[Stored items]
==========

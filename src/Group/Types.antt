-- ===== src/Group/Types.antt =====
-- The structs of group/dlm_controld/cpg.c, the settings that its handlers see, and their outputs.
use dlm.Base.{ℕ, Bool, false, Option, none, some, List, [], ◌∷◌, ◌++◌, ◌==◌, if◌then◌else◌}
use dlm.Plock.Types.{Info, Env, Lockspace, MsgType}
use dlm.Plock.Types as PlockTypes
use dlm.Plock.Checkpoint.{Section, Garbage}

-- `DLM_MFLG_JOINING` and `DLM_MFLG_HAVEPLOCK`, the bits of a header's flags.
pub record Flags : Type 0 where
  pub joining : Bool
  pub haveplock : Bool

abbrev pub no_flags : Flags
no_flags = record { joining = false; haveplock = false }

-- `struct member`
pub record Member : Type 0 where
  pub nodeid : ℕ
  pub start : Bool
  pub added : Bool
  pub failed : Bool
  pub disallowed : Bool
  pub start_flags : Flags

-- After `memset`, with its `nodeid`.
abbrev pub new_member : ℕ → Member
new_member nodeid = record {
  nodeid = nodeid;
  start = false;
  added = false;
  failed = false;
  disallowed = false;
  start_flags = no_flags;
}

-- `struct node` in `ls->node_history`.
pub record Node : Type 0 where
  pub nodeid : ℕ
  pub check_fencing : Bool
  pub check_quorum : Bool
  pub check_fs : Bool
  pub fs_notified : Bool
  pub add_time : ℕ
  pub fence_time : ℕ
  pub fence_queries : ℕ
  pub added_seq : ℕ
  pub removed_seq : ℕ
  pub failed_reason : ℕ

abbrev pub new_node : ℕ → Node
new_node nodeid = record {
  nodeid = nodeid;
  check_fencing = false;
  check_quorum = false;
  check_fs = false;
  fs_notified = false;
  add_time = 0;
  fence_time = 0;
  fence_queries = 0;
  added_seq = 0;
  removed_seq = 0;
  failed_reason = 0;
}

-- `CGST_WAIT_CONDITIONS` and `CGST_WAIT_MESSAGES`
pub data CgState : Type 0 where
  wait_conditions wait_messages : CgState

-- `struct change`
pub record Change : Type 0 where
  pub members : List Member
  pub removed : List Member
  pub member_count : ℕ
  pub joined_count : ℕ
  pub remove_count : ℕ
  pub failed_count : ℕ
  pub state : CgState
  pub we_joined : Bool
  pub seq : ℕ
  pub combined_seq : ℕ

-- `struct ls_info`. The entries behind it, `id_info_count` of them at steps of `id_info_size` bytes,
-- are a list of their own.
pub record LsInfo : Type 0 where
  pub ls_info_size : ℕ
  pub id_info_size : ℕ
  pub id_info_count : ℕ
  pub started_count : ℕ
  pub member_count : ℕ
  pub joined_count : ℕ
  pub remove_count : ℕ
  pub failed_count : ℕ

-- The part of a message behind its header.
pub data Body : Type 0 where
  start plocks_stored : LsInfo → List ℕ → Body
  plocks : MsgType → Info → Body
  deadlk_cycle_start deadlk_cycle_end deadlk_checkpoint_ready deadlk_cancel_lock : Body
  unknown_type : Body

-- A message, its header in the byte order of the host.
pub record Message : Type 0 where
  pub major : ℕ
  pub minor : ℕ
  pub nodeid : ℕ
  pub to_nodeid : ℕ
  pub flags : Flags
  pub msgdata : ℕ
  pub body : Body

-- `struct cpg_address`, and why a node left.
pub data Reason : Type 0 where
  leave nodedown procdown : Reason

pub record Left : Type 0 where
  pub nodeid : ℕ
  pub reason : Reason

-- The settings and the other services of the cluster. `fence_node_time` and `fence_in_progress`
-- answer `none` for an error.
pub record GroupEnv : Type 0 where
  pub plock : Env
  pub daemon_major : ℕ
  pub daemon_minor : ℕ
  pub enable_fencing : Bool
  pub enable_quorum : Bool
  pub fence_node_time : ℕ → Option ℕ
  pub fence_in_progress : Option ℕ
  pub is_cluster_member : ℕ → Bool
  pub cluster_quorate : Bool
  -- the numbers of the reasons (corosync/cpg.h), which queries show
  pub reason_value : Reason → ℕ
  pub checkpoint : Option (List Section)
  pub garbage : Garbage
  -- what the stack holds in `last_fenced_time` before it is set
  pub stack_time : ℕ

-- What the handlers do to the outside: to the kernel, to the cluster and to the group.
pub data Out : Type 0 where
  sysfs_control sysfs_event_done sysfs_id : ℕ → Out
  configfs_members : List ℕ → List ℕ → Out
  kick_node : ℕ → Out
  mcast : Message → Out
  close_checkpoint : Out
  store_checkpoint : List Section → Out
  finalize_cpg dead_client : ℕ → Out
  crash : Out

-- The outputs carry the name of their lockspace.
pub record GroupWorld : Type 0 where
  pub plock : PlockTypes.World
  pub out : List (List ℕ × Out)
  pub poll_fencing : Bool
  pub poll_quorum : Bool
  pub poll_fs : Bool

-- `struct lockspace`: its membership, and the part that the plock code uses.
pub record Space : Type 0 where
  pub plocks : Lockspace
  pub cpg_handle : ℕ
  pub cpg_client : ℕ
  pub joining : Bool
  pub leaving : Bool
  pub kernel_stopped : Bool
  pub fs_registered : Bool
  pub change_seq : ℕ
  pub started_count : ℕ
  pub started_change : Option Change
  pub changes : List Change
  pub node_history : List Node
  pub plock_ckpt_node : ℕ
  pub need_plocks : Bool

abbrev pub emit : Space → Out → GroupWorld → GroupWorld
emit ls o w = record w { out = w.out ++ (ls.plocks.name, o) ∷ [] }

-- `find_memb`
unfoldable pub find_member : List Member → ℕ → Option Member
find_member [] nodeid = none
find_member (m ∷ rest) nodeid = if m.nodeid == nodeid then some m else find_member rest nodeid

-- Writes to the member that `find_memb` finds.
unfoldable pub change_member : (Member → Member) → ℕ → List Member → List Member
change_member f nodeid [] = []
change_member f nodeid (m ∷ rest) =
    if m.nodeid == nodeid then f m ∷ rest else m ∷ change_member f nodeid rest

==========

EXERCISE: If a line above holds the string "Garbage", return it as it stands.

ANSWER:
use dlm.Plock.Checkpoint.{Section, Garbage}
  pub garbage : Garbage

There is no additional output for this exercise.